## Action item
Copy the lines of the entries exactly, from the opening one to the one holding "live none = none", and leave out everything after.

## Records provided
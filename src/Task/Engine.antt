-- ===== src/Task/Engine.antt =====
-- StartTask, CompleteTask and what they run. A script is run by the JavaScript engine: it is the
-- argument `run_script` of the code, the task, its variables and the actor, which may write to the
-- database and answers with a value or an error.
pub mod Transitions
pub mod Steps
pub mod Starting
pub mod Completing
pub mod Closing
use velm.Base.{ℕ, Bool, true, false, not, ◌&&◌, if◌then◌else◌, Option, none, some, Result, ok, err}
use velm.Base.{List, [], ◌∷◌, Text, txt, trim, ◌==◌}
use velm.Task.States.{allowed_task_transition}
use velm.Task.Model.{
  Json, object, Members, no_members, find_member, put_member, as_object, SpawnRule, Definition,
  Task, Db, Tx, Failure, no_such_task, invalid_transition, unknown_follow_on, not_a_boolean,
  task_by_id, update_task, definition_by_slug, ◌>>=◌, ◌>>◌, return, fail, transaction,
}
use velm.Task.Scope.{bind_inputs}
use velm.Task.Spawning.{get_task_definition, spawn_task_for_definition}

-- `result.(bool)`
pub data ScriptValue : Type 0 where
  boolean : Bool → ScriptValue
  other_value : ScriptValue

-- the row that a query with `_deleted_at IS NULL` finds
abbrev pub live : Option Task → Option Task
live none = none
live (some t) = if t.is_deleted then none else some t

abbrev pub set_state : Text → Task → Task
set_state state t = record t { state = state }

-- the second half of transitionTaskInTx
unfoldable pub transition_from : Text → Text → Option Task → Tx (Unit {0})
transition_from id to none db = err (no_such_task id)
transition_from id to (some t) db =
    if allowed_task_transition t.state to
    then ok (tt, record db { tasks = update_task id (set_state to) db.tasks })
    else err (invalid_transition t.state to)

-- transitionTaskInTx
unfoldable pub transition_task : Text → Text → Tx (Unit {0})
transition_task id to db = transition_from id to (live (task_by_id id db.tasks)) db

abbrev pub text_or_empty : Option Text → Text
text_or_empty none = []
text_or_empty (some s) = s

abbrev pub definition_of : Option Task → Text
definition_of none = []
definition_of (some t) = text_or_empty t.definition_id

-- getDefinitionIDByTaskID, empty where there is none
unfoldable pub get_definition_id : Text → Db → Text
get_definition_id id db = definition_of (task_by_id id db.tasks)

abbrev pub variables_of : Text → Option Task → Tx Members
variables_of id none db = err (no_such_task id)
variables_of id (some t) db = ok (t.variables, db)

-- readTaskVariables
unfoldable pub read_task_variables : Text → Tx Members
read_task_variables id db = variables_of id (task_by_id id db.tasks) db

abbrev pub as_boolean : ScriptValue → Tx Bool
as_boolean (boolean b) = return b
as_boolean other_value = fail not_a_boolean

-- the parent of a task, and the object of its outputs
abbrev pub outputs_of : Task → Option Members
outputs_of t = as_object (find_member (txt "outputs") t.variables)

abbrev pub or_no_members : Option Members → Members
or_no_members none = no_members
or_no_members (some m) = m

-- parentVars with the outputs of the child of a slug
unfoldable pub with_outputs : Text → Members → Members → Members
with_outputs slug outputs vars =
    put_member (txt "outputs")
      (object (
        put_member slug (object outputs)
          (or_no_members (as_object (find_member (txt "outputs") vars)))))
      vars

-- SELECT slug … WHERE _id: of a deleted definition too
unfoldable pub slug_by_id : Text → List Definition → Option Text
slug_by_id id [] = none
slug_by_id id (d ∷ ds) = if d.id == id then some d.slug else slug_by_id id ds

abbrev pub publish_to : Text → Option Members → Option Text → Db → Db
publish_to parent none slug db = db
publish_to parent (some outputs) none db = db
publish_to parent (some outputs) (some slug) db = if parent == [] then db else record db {
  tasks =
      update_task parent (λ t. record t { variables = with_outputs slug outputs t.variables })
        db.tasks;
}

-- the publishing part of onTaskClosed
unfoldable pub publish_outputs : Task → Db → Db
publish_outputs t db =
    publish_to (text_or_empty t.parent_task_id) (outputs_of t)
      (if text_or_empty t.definition_id == []
        then none
        else slug_by_id (text_or_empty t.definition_id) db.definitions)
      db

-- the group that a follow-on is made with
abbrev pub with_group : Option Text → Definition → Definition
with_group none def = def
with_group (some group) def = record def { default_group_id = group }

module _ (new_id : ℕ → Text) (fuel : ℕ)
    (run_script : Text → Text → Members → Text → Tx ScriptValue) where
  -- evalTaskCondition
  unfoldable pub eval_task_condition : Text → Text → Members → Text → Tx Bool
  eval_task_condition id code vars actor = do
    value ← run_script code id vars actor
    as_boolean value

  -- the script of a definition, if it has one
  unfoldable pub run_task_script : Definition → Text → Members → Text → Tx (Unit {0})
  run_task_script def id vars actor =
      if trim def.script_text == []
      then return tt
      else do run_script def.script_text id vars actor; return tt

  -- runTaskHooks after it has found the definition and the variables
  unfoldable pub run_hooks_of : Definition → Text → Members → Text → Tx (Unit {0})
  run_hooks_of def id vars actor =
      if trim def.run_if_script == [] then run_task_script def id vars actor else do
        allowed ← eval_task_condition id def.run_if_script vars actor
        if allowed then run_task_script def id vars actor else transition_task id (txt "skipped")

  -- runTaskHooks
  unfoldable pub run_task_hooks : Text → Text → Tx (Unit {0})
  run_task_hooks id actor db =
      if get_definition_id id db == []
      then ok (tt, db)
      else (get_task_definition (get_definition_id id db) >>= λ def.
            read_task_variables id >>= λ vars. run_hooks_of def id vars actor)
          db

  -- the body of StartTask
  unfoldable pub start_in_tx : Text → Text → Tx (Unit {0})
  start_in_tx id actor = do transition_task id (txt "in_progress"); run_task_hooks id actor

  -- StartTask
  unfoldable pub start_task : Text → Text → Db → Result Failure (Unit {0}) × Db
  start_task id actor = transaction (start_in_tx id actor)

  unfoldable pub follow_on_of :
      Text → Option Text → Text → Members → Option Definition → Tx (Unit {0})
  follow_on_of slug group requested_by inputs none = fail (unknown_follow_on slug)
  follow_on_of slug group requested_by inputs (some d) = do
    def ← get_task_definition (d.id)
    spawn_task_for_definition new_id fuel (with_group group def) [] requested_by inputs
    return tt

  -- spawnFollowOn
  unfoldable pub spawn_follow_on : Text → Option Text → Text → Members → Tx (Unit {0})
  spawn_follow_on slug group requested_by inputs db =
      follow_on_of slug group requested_by inputs (definition_by_slug slug db.definitions) db

  -- the loop of fireSpawnRules: the group is a variable outside the loop, which a rule of the pool
  -- sets to nil
  unfoldable pub fire_rules : Text → Text → Members → Option Text → List SpawnRule → Tx (Unit {0})
  fire_rules reason actor vars group [] = return tt
  fire_rules reason actor vars group (rule ∷ rules) =
      let group' = if rule.assign == txt "pool" then none else group in
      if not (rule.on == reason) then fire_rules reason actor vars group rules else do
        spawn_follow_on rule.definition_slug group' actor
            (bind_inputs vars no_members rule.input_mapping)
        fire_rules reason actor vars group' rules

  abbrev pub group_of : Option Task → Option Text
  group_of none = none
  group_of (some t) = t.assignment_group_id

  -- fireSpawnRules
  unfoldable pub fire_spawn_rules : Text → Text → Text → Tx (Unit {0})
  fire_spawn_rules id reason actor db =
      if get_definition_id id db == []
      then ok (tt, db)
      else (get_task_definition (get_definition_id id db) >>= λ def.
            read_task_variables id >>= λ vars.
            fire_rules reason actor vars (group_of (task_by_id id db.tasks)) def.spawn_rules)
          db

  abbrev pub closed_task : Text → Text → Option Task → Tx (Unit {0})
  closed_task id actor none db = err (no_such_task id)
  closed_task id actor (some t) db =
      fire_spawn_rules id (txt "completed") actor (publish_outputs t db)

  -- onTaskClosed
  unfoldable pub on_task_closed : Text → Text → Tx (Unit {0})
  on_task_closed id actor db = closed_task id actor (task_by_id id db.tasks) db

  -- UPDATE base_task SET closure_reason = 'completed'
  unfoldable pub set_closure_reason : Text → Tx (Unit {0})
  set_closure_reason id db = ok (
    tt,
    record db {
      tasks = update_task id (λ t. record t { closure_reason = txt "completed" }) db.tasks;
    },
  )

  -- the body of CompleteTask
  unfoldable pub complete_in_tx : Text → Text → Tx (Unit {0})
  complete_in_tx id actor = do
    transition_task id (txt "closed")
    set_closure_reason id
    on_task_closed id actor

  -- CompleteTask
  unfoldable pub complete_task : Text → Text → Db → Result Failure (Unit {0}) × Db
  complete_task id actor = transaction (complete_in_tx id actor)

## Output
filename src/Task/Engine.antt
-- ===== src/Task/Engine.antt =====
-- StartTask, CompleteTask and what they run. A script is run by the JavaScript engine: it is the
-- argument `run_script` of the code, the task, its variables and the actor, which may write to the
-- database and answers with a value or an error.
pub mod Transitions
pub mod Steps
pub mod Starting
pub mod Completing
pub mod Closing
use velm.Base.{ℕ, Bool, true, false, not, ◌&&◌, if◌then◌else◌, Option, none, some, Result, ok, err}
use velm.Base.{List, [], ◌∷◌, Text, txt, trim, ◌==◌}
use velm.Task.States.{allowed_task_transition}
use velm.Task.Model.{
  Json, object, Members, no_members, find_member, put_member, as_object, SpawnRule, Definition,
  Task, Db, Tx, Failure, no_such_task, invalid_transition, unknown_follow_on, not_a_boolean,
  task_by_id, update_task, definition_by_slug, ◌>>=◌, ◌>>◌, return, fail, transaction,
}
use velm.Task.Scope.{bind_inputs}
use velm.Task.Spawning.{get_task_definition, spawn_task_for_definition}

-- `result.(bool)`
pub data ScriptValue : Type 0 where
  boolean : Bool → ScriptValue
  other_value : ScriptValue

-- the row that a query with `_deleted_at IS NULL` finds
abbrev pub live : Option Task → Option Task
live none = none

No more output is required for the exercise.